BRIEF DESCRIPTION OF THE DRAWINGS FIG. 1 is a block diagram showing the gist of the present invention. FIG. 2 is a block diagram showing a schematic configuration of an embodiment of the present invention. FIG. 3 is a flowchart showing a main routine of a control operation of the embodiment. FIG. 4 is a flowchart showing a routine of air blowing control of the embodiment.
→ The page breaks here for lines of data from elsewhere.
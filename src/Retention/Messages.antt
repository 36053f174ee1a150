-- ===== src/Retention/Messages.antt =====
-- app/worker/lifecycle.py: the messages of a pass, as its files are to have them.
use pyupload_x.Base.{◌≤◌, ◌≡◌, false, List, [], ◌∷◌, arith, length, ◌++◌, codes, Text, true, ◌⊎◌}
use pyupload_x.Lifecycle.Mode.{Time, LifecycleAction}
use pyupload_x.Errors.{Error, ok, err}
use pyupload_x.Request.{App}
use pyupload_x.Db.Rows.{FileObject, OutboxMessage, WebhookStatus}

-- what a message says of an action
abbrev pub event_of : LifecycleAction → Text
event_of LifecycleAction.delete = codes "lifecycle.LifecycleAction.delete"
event_of LifecycleAction.notify = codes "lifecycle.LifecycleAction.notify"
event_of LifecycleAction.none_action = codes "lifecycle.LifecycleAction.none"
event_of (LifecycleAction.other s) = codes "lifecycle." ++ s

module _ {S : Type 0} (app : App S) where
  -- The file was to be deleted, and the backend failed, or did it, in some state.
  abbrev pub IsFailed : FileObject → Type 0
  IsFailed f =
      (f.lifecycle_action ≡ LifecycleAction.delete)
      × ((s : S) × (e : Error) × ((app.storage.delete_object f.bucket f.object_key s).0 ≡ err e))

  abbrev pub IsDeleted : FileObject → Type 0
  IsDeleted f = (s : S) × ((app.storage.delete_object f.bucket f.object_key s).0 ≡ ok tt)

  -- A message for a file, which is to be delivered from now on.
  pub record IsReport (now : Time) (f : FileObject) (m : OutboxMessage) : Type 0 where
    pub file : m.file_id ≡ f.id
    pub owner : m.tenant_id ≡ f.tenant_id
    pub event : m.event_type ≡ event_of f.lifecycle_action
    pub fresh : (m.status ≡ WebhookStatus.pending) × (m.attempts ≡ 0) × (m.next_attempt_at ≡ now)
    pub free : f.legal_hold ≡ false
    pub deleted : f.lifecycle_action ≡ LifecycleAction.delete → IsDeleted f

  -- The messages for some files, in their order: one for each file but those that are held, and
  -- those whose deletion failed.
  pub data Reports (now : Time) : List FileObject → List OutboxMessage → Type 0 where
    over : Reports now [] []
    silent :
        {f : FileObject} {fs : List FileObject} {ms : List OutboxMessage}
        → (f.legal_hold ≡ true) ⊎ IsFailed f
        → Reports now fs ms
        → Reports now (f ∷ fs) ms
    spoken :
        {f : FileObject} {m : OutboxMessage} {fs : List FileObject} {ms : List OutboxMessage}
        → IsReport now f m
        → Reports now fs ms
        → Reports now (f ∷ fs) (m ∷ ms)

  pub Reports-le :
      (now : Time) {fs : List FileObject} {ms : List OutboxMessage}
      → Reports now fs ms
      → length ms ≤ length fs
  Reports-le now over = omega arith
  Reports-le now (silent h r) = omega (arith, Reports-le now r)
  Reports-le now (spoken h r) = omega (arith, Reports-le now r)

  pub Reports-append :
      (now : Time) {fs gs : List FileObject} {ms ns : List OutboxMessage}
      → Reports now fs ms
      → Reports now gs ns
      → Reports now (fs ++ gs) (ms ++ ns)
  Reports-append now over k = k
  Reports-append now (silent h r) k = silent h (Reports-append now r k)
  Reports-append now (spoken h r) k = spoken h (Reports-append now r k)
FIG. 5 is a table showing rules of fuzzy inference executed in the airflow control of the embodiment. 6A and 6B show membership functions used in the above fuzzy inference, wherein FIG. 6A shows a membership function of an antecedent variable Bv (target airflow), and FIG. 6B shows an antecedent variable SA (operation of an air mix door). (C) is a membership function of the consequent variable ΔBv (air flow reduction amount). [Explanation of Signs] 1,10 Ventilation duct 2,18 Blower 3 Control door 4 Actuator 5 Target air flow rate calculating means 6 Control door operation speed detection means 7 Air flow reduction fuzzy inference means 8 Target air flow correction means 9 Blower control means 11 Intake doors 14a, 14b Mode door 20 Air mix door 30 Control unit

──────────────────────────────────────────────────続 き Continuation of the front page (56) References JP-A-4-103430 (JP, A) JP-A-57-147914 (JP, A) JP-A-1-289712 (JP, A) JP-A-4- 43115 (JP, A) JP-A-62-210114 (JP, A) JP-A-58-118008 (JP, U) JP-A-63-137016 (JP, U) JP-A-56-51618 (JP, U) 63-152707 (JP, U) (58) Field surveyed (Int. Cl. ⁷ , DB name) B60H 1/00 101

Claims (1)

(57) [Claims 1] A ventilation duct, a blower for generating an air flow for air conditioning in a vehicle in the ventilation duct, and a direction of the air flow provided in the ventilation duct is changed. In a vehicle air conditioner comprising a control door and an actuator for driving the control door, a means for calculating a target air flow rate of the blower, a means for detecting an operation speed of the control door, Means for fuzzy inference of the air flow reduction based on the output target air flow and the control door operating speed; target air flow correction means for correcting the target air flow based on the air flow reduction estimated by the means; And a blower control means for controlling the blower so as to attain a target air flow rate output by the means.